------ DATA UNDER STUDY
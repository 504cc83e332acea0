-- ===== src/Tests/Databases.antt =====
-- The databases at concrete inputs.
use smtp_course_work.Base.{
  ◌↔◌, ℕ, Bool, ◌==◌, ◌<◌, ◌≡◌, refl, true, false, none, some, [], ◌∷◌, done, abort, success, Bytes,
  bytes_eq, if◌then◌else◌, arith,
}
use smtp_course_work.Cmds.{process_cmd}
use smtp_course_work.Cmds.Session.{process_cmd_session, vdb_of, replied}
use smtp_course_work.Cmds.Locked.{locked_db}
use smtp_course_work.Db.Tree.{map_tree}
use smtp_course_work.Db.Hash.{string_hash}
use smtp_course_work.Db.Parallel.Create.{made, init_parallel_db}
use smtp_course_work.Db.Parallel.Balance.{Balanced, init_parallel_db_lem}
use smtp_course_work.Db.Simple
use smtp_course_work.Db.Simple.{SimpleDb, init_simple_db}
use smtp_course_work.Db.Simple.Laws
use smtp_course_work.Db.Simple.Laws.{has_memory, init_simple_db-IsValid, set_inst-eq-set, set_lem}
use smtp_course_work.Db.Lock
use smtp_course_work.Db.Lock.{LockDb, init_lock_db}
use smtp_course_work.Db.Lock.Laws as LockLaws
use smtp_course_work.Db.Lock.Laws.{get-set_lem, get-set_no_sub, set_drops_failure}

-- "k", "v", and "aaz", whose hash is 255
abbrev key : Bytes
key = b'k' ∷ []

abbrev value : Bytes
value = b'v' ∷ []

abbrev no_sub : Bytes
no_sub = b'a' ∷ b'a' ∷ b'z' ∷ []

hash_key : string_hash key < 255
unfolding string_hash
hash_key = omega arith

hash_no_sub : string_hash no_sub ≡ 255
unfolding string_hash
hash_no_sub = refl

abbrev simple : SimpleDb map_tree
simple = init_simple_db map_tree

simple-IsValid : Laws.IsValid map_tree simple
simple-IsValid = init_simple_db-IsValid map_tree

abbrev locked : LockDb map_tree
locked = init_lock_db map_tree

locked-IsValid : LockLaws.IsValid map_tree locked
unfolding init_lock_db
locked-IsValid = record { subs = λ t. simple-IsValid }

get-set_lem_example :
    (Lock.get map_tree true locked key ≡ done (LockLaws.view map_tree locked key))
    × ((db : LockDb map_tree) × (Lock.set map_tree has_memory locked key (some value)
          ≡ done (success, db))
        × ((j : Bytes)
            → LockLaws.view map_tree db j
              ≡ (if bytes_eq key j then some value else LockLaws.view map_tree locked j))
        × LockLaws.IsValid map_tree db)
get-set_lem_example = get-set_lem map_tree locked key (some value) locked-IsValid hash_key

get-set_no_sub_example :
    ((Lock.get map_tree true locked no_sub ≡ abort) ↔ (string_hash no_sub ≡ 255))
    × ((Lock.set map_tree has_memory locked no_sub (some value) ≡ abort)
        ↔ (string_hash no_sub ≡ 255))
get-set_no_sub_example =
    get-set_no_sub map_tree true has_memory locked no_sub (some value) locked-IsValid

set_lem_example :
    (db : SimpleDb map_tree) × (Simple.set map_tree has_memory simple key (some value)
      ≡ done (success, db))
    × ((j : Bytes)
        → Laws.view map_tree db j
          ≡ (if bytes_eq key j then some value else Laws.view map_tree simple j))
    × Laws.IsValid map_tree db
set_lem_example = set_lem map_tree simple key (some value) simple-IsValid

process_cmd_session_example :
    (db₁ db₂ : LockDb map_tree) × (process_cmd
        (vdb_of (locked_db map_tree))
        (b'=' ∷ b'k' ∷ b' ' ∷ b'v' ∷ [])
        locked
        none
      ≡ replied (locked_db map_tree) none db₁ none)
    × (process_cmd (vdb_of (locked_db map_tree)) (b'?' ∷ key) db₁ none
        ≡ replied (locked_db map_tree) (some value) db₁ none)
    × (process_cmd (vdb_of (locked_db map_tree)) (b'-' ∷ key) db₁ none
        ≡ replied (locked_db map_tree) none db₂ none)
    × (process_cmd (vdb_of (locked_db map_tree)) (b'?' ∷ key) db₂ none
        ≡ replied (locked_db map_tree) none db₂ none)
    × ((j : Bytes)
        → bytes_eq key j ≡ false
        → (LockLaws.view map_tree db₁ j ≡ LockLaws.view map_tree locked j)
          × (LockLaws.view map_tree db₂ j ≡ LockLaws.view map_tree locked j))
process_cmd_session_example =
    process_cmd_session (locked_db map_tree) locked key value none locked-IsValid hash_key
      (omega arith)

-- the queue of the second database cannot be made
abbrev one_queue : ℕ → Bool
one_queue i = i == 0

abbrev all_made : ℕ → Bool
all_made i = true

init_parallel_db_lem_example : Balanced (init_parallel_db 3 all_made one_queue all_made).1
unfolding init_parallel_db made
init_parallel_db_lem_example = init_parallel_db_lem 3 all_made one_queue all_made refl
------------
------ DATA UNDER STUDY
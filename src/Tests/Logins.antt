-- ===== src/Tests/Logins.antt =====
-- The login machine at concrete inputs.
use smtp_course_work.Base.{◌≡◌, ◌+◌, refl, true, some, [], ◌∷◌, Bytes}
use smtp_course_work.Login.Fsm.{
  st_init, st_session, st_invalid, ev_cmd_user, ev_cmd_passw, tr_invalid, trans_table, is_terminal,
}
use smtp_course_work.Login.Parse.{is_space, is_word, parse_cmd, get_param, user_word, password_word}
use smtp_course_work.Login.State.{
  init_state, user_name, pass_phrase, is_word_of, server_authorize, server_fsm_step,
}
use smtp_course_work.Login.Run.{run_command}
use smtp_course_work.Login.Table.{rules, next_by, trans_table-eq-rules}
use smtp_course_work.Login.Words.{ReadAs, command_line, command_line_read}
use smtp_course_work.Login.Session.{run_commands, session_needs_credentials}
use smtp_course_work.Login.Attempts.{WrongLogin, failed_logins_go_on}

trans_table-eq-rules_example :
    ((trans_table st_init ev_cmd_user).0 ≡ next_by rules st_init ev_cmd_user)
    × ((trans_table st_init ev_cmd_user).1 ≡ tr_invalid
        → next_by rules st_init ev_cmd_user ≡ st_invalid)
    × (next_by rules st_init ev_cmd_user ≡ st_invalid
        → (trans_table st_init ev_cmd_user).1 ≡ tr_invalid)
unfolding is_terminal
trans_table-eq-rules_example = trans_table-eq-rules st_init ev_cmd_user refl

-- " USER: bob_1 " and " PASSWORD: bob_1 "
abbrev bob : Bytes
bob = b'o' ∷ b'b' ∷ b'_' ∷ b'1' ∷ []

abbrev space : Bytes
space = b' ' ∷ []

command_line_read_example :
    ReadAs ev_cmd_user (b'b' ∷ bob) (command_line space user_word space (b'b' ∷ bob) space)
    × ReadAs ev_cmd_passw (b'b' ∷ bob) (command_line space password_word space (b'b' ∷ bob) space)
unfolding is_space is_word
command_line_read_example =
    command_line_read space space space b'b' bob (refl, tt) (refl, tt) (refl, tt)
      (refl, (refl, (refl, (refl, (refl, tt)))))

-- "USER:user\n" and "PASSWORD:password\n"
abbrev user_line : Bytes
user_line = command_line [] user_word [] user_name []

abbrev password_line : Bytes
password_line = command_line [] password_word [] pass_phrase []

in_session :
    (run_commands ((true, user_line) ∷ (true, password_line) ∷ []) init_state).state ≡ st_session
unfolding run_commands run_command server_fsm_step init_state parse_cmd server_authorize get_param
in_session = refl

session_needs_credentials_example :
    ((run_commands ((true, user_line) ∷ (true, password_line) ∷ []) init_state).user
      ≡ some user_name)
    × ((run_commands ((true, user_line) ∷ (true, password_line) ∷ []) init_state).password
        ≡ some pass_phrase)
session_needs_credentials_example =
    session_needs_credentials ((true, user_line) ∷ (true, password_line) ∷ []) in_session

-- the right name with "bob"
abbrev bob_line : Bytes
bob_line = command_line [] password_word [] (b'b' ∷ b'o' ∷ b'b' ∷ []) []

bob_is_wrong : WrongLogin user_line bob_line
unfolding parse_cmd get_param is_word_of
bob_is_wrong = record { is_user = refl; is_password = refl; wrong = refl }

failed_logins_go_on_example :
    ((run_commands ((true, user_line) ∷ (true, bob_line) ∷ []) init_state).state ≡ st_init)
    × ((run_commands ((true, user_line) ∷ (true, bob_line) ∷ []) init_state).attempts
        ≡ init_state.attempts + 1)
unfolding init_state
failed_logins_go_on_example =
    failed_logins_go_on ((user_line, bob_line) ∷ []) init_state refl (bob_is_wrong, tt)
------------
------ DATA UNDER STUDY
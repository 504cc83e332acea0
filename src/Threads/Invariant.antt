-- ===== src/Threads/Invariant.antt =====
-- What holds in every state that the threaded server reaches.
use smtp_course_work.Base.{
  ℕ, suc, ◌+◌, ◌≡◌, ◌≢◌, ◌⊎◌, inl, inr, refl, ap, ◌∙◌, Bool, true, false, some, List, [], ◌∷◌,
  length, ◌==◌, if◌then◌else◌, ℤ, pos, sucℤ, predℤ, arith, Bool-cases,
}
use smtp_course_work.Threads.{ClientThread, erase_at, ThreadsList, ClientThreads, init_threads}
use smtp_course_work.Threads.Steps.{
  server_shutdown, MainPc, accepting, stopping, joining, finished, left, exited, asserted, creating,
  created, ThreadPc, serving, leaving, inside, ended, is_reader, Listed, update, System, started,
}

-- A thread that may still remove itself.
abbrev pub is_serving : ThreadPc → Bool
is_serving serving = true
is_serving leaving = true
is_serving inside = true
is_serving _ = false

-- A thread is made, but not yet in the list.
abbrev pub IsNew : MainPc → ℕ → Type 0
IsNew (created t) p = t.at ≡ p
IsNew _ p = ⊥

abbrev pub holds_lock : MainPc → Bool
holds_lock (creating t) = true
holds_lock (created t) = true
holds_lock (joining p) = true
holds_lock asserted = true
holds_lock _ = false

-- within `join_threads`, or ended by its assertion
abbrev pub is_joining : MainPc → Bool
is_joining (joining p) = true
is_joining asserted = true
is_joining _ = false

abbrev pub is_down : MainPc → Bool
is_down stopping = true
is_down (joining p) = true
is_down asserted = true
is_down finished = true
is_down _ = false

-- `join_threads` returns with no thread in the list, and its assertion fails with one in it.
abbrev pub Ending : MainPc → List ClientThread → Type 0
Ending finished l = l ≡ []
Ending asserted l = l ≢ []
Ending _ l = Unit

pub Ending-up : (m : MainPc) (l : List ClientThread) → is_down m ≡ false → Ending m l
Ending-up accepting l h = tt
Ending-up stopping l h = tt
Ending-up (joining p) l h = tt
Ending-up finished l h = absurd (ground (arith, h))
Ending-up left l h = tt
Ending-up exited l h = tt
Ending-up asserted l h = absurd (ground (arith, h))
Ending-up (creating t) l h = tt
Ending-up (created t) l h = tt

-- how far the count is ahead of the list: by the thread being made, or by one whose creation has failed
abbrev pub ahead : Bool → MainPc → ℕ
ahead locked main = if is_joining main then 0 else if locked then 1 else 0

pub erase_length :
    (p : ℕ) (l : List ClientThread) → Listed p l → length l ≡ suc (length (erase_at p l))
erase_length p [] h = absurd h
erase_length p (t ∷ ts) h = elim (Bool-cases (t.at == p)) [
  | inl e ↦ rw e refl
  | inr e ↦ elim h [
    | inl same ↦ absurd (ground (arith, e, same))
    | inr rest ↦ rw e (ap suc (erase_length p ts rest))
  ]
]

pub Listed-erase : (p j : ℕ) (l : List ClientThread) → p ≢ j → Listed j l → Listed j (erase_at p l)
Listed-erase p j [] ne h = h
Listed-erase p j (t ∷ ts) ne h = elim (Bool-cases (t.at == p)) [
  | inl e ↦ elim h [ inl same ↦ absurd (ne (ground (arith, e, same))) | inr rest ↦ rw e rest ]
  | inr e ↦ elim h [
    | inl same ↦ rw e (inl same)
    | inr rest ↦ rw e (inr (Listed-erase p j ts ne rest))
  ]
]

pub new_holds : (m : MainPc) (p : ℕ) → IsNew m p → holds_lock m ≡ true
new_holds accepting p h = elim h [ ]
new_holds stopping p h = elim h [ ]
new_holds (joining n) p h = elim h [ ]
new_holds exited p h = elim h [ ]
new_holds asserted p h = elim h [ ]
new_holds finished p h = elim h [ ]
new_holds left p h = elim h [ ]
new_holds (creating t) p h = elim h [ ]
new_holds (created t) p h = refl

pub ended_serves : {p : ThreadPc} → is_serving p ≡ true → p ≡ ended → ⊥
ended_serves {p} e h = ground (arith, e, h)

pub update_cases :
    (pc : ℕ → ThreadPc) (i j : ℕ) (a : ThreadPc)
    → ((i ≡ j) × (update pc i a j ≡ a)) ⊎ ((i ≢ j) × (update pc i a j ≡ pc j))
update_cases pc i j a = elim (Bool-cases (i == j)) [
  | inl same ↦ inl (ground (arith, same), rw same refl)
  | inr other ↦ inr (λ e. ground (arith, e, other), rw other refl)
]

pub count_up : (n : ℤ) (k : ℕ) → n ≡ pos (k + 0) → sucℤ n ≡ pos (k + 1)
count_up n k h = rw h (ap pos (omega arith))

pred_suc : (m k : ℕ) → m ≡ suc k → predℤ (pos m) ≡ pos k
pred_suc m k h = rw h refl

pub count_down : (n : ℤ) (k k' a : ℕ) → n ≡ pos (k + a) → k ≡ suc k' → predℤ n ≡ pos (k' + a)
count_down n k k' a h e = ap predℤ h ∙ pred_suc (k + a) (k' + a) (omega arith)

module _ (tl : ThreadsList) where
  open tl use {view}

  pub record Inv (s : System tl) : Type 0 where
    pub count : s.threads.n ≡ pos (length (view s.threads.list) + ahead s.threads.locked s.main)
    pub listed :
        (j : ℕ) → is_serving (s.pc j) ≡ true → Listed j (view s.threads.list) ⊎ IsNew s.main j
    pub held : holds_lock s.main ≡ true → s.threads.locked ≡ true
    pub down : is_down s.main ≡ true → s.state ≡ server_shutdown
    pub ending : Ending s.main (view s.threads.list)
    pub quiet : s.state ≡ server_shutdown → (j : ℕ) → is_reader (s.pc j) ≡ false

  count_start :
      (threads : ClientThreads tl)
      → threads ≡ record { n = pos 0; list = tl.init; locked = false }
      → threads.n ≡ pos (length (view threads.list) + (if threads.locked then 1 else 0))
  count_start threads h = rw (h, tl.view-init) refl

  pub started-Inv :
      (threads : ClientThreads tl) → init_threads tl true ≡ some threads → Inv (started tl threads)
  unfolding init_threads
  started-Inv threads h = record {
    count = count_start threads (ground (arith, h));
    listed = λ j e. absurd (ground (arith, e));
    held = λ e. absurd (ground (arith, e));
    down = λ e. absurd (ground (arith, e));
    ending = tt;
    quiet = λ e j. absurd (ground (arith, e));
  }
------------
Your answer should be the lines above, from the line containing "locked = init_lock_db map_tree" up to and including the line containing "LockLaws.view map_tree db j", reproduced exactly and with nothing else.

locked = init_lock_db map_tree

locked-IsValid : LockLaws.IsValid map_tree locked
unfolding init_lock_db
locked-IsValid = record { subs = λ t. simple-IsValid }

get-set_lem_example :
    (Lock.get map_tree true locked key ≡ done (LockLaws.view map_tree locked key))
    × ((db : LockDb map_tree) × (Lock.set map_tree has_memory locked key (some value)
          ≡ done (success, db))
        × ((j : Bytes)
            → LockLaws.view map_tree db j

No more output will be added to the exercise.